Problem >>
For the material below, return exactly the lines starting at the one holding "pub reachable_from_start : List" and ending at the one holding "none ↦ throws out_of_fuel", counting both as part of the range.

Data in this exercise >>
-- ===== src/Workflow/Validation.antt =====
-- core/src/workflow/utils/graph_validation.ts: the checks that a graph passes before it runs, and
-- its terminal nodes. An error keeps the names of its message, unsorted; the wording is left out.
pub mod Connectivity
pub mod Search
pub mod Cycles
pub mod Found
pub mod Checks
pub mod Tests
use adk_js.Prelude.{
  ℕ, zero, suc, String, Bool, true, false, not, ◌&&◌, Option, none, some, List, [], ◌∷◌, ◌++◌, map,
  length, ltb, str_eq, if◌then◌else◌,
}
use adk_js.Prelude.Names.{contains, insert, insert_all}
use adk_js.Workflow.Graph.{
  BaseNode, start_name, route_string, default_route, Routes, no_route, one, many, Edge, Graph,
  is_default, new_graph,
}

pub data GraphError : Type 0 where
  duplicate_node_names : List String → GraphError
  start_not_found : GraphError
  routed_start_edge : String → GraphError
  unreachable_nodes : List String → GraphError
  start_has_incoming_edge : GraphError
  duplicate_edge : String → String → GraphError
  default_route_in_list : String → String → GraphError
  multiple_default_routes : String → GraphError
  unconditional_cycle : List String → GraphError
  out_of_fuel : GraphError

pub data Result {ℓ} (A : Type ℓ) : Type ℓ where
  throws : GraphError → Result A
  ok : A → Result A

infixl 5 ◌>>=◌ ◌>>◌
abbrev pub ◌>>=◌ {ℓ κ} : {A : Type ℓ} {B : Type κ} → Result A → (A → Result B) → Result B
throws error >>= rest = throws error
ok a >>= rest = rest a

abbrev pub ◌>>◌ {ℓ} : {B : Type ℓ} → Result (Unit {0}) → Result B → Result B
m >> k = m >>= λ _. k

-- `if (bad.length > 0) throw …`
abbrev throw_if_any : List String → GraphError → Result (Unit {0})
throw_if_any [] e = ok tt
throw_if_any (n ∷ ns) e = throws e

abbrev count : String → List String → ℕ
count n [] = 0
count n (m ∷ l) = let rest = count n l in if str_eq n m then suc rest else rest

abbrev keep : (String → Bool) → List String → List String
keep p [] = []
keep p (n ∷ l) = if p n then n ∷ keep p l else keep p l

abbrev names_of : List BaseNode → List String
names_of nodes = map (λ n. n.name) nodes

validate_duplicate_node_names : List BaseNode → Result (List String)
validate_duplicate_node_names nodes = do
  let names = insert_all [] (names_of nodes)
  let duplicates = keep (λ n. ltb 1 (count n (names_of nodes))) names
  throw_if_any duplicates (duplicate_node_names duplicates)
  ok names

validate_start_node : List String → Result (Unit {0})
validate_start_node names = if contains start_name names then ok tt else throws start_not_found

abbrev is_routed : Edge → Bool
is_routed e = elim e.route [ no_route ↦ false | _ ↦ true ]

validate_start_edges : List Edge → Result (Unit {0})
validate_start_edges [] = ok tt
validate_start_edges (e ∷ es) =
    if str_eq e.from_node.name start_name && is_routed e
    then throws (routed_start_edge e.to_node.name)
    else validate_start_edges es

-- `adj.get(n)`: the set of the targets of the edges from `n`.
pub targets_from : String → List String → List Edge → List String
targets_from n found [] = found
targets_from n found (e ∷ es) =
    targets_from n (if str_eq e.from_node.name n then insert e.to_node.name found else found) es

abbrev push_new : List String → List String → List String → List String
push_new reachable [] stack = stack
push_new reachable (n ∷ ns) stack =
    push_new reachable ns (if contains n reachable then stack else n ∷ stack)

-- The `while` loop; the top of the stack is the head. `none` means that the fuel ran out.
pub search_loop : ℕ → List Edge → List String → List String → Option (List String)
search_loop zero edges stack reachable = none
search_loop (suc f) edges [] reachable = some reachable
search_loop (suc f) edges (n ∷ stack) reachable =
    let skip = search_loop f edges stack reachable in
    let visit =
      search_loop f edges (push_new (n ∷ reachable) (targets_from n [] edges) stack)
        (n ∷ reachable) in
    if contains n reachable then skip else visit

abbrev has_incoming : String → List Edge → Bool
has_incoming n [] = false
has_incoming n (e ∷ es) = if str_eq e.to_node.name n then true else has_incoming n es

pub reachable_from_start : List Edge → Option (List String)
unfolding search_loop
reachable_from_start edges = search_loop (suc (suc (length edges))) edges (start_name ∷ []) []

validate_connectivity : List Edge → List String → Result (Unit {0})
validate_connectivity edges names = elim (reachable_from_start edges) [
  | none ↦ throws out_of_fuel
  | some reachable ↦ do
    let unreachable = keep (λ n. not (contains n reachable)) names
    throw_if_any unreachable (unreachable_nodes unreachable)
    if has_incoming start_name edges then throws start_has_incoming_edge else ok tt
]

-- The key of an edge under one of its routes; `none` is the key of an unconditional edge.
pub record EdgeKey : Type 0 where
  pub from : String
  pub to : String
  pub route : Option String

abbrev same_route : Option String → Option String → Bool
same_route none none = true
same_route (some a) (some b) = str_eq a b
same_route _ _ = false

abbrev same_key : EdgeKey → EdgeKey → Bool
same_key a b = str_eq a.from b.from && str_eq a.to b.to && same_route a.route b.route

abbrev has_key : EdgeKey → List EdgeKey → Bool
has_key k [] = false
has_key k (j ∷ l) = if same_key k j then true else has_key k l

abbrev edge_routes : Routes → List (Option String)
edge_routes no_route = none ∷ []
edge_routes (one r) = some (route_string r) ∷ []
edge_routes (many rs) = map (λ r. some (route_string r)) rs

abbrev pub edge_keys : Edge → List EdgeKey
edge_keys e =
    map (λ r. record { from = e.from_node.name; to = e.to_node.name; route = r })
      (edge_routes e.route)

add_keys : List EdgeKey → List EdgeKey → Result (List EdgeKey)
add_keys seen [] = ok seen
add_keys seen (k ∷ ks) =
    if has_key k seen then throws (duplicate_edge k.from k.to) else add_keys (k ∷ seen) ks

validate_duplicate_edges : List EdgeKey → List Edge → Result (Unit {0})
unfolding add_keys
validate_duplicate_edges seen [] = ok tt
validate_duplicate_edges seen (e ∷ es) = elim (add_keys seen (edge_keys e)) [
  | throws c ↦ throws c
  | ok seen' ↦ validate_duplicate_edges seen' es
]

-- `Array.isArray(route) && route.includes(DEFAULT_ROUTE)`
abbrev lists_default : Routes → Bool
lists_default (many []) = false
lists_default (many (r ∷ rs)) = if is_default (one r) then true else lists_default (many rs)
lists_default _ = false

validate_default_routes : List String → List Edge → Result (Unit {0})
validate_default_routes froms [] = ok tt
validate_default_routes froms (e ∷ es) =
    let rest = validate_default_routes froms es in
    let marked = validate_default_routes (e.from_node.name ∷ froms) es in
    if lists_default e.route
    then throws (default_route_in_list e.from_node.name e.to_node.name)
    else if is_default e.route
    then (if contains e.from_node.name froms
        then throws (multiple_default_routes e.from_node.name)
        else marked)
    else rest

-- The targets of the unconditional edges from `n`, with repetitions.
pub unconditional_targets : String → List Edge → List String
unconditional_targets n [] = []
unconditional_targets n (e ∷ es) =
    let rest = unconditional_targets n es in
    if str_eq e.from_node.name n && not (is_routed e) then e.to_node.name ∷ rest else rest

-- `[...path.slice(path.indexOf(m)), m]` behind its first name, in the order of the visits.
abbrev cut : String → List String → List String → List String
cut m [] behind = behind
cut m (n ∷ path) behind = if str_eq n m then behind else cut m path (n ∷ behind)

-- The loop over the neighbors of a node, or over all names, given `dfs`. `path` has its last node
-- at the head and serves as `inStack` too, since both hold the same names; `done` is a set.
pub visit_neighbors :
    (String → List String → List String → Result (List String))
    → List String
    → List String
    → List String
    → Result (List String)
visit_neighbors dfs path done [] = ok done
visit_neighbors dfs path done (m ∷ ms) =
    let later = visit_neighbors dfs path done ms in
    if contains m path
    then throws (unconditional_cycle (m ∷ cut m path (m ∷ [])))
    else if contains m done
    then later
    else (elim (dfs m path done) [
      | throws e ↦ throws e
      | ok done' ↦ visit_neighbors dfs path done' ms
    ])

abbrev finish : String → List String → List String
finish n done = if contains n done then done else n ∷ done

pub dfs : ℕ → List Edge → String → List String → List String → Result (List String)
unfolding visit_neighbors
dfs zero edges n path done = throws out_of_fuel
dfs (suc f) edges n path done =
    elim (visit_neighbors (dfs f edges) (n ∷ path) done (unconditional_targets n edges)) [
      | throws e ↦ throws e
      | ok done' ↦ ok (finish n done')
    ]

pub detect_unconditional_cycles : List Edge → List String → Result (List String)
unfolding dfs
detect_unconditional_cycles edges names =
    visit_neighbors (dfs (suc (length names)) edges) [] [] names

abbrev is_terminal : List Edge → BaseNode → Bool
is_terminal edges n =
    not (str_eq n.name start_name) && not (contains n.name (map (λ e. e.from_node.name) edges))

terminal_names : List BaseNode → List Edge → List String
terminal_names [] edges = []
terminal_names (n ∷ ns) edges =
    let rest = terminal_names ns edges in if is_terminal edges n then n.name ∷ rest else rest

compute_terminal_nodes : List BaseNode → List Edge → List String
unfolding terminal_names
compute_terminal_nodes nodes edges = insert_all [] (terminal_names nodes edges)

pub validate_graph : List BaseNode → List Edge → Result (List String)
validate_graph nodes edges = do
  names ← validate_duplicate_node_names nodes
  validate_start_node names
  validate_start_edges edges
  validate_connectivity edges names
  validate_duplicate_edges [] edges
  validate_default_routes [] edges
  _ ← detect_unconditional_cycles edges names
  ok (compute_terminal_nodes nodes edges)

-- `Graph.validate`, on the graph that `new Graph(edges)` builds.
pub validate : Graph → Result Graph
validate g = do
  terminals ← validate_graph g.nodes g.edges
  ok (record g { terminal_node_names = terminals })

Answer space >>
pub reachable_from_start : List Edge → Option (List String)
unfolding search_loop
reachable_from_start edges = search_loop (suc (suc (length edges))) edges (start_name ∷ []) []

validate_connectivity : List Edge → List String → Result (Unit {0})
validate_connectivity edges names = elim (reachable_from_start edges) [
  | none ↦ throws out_of_fuel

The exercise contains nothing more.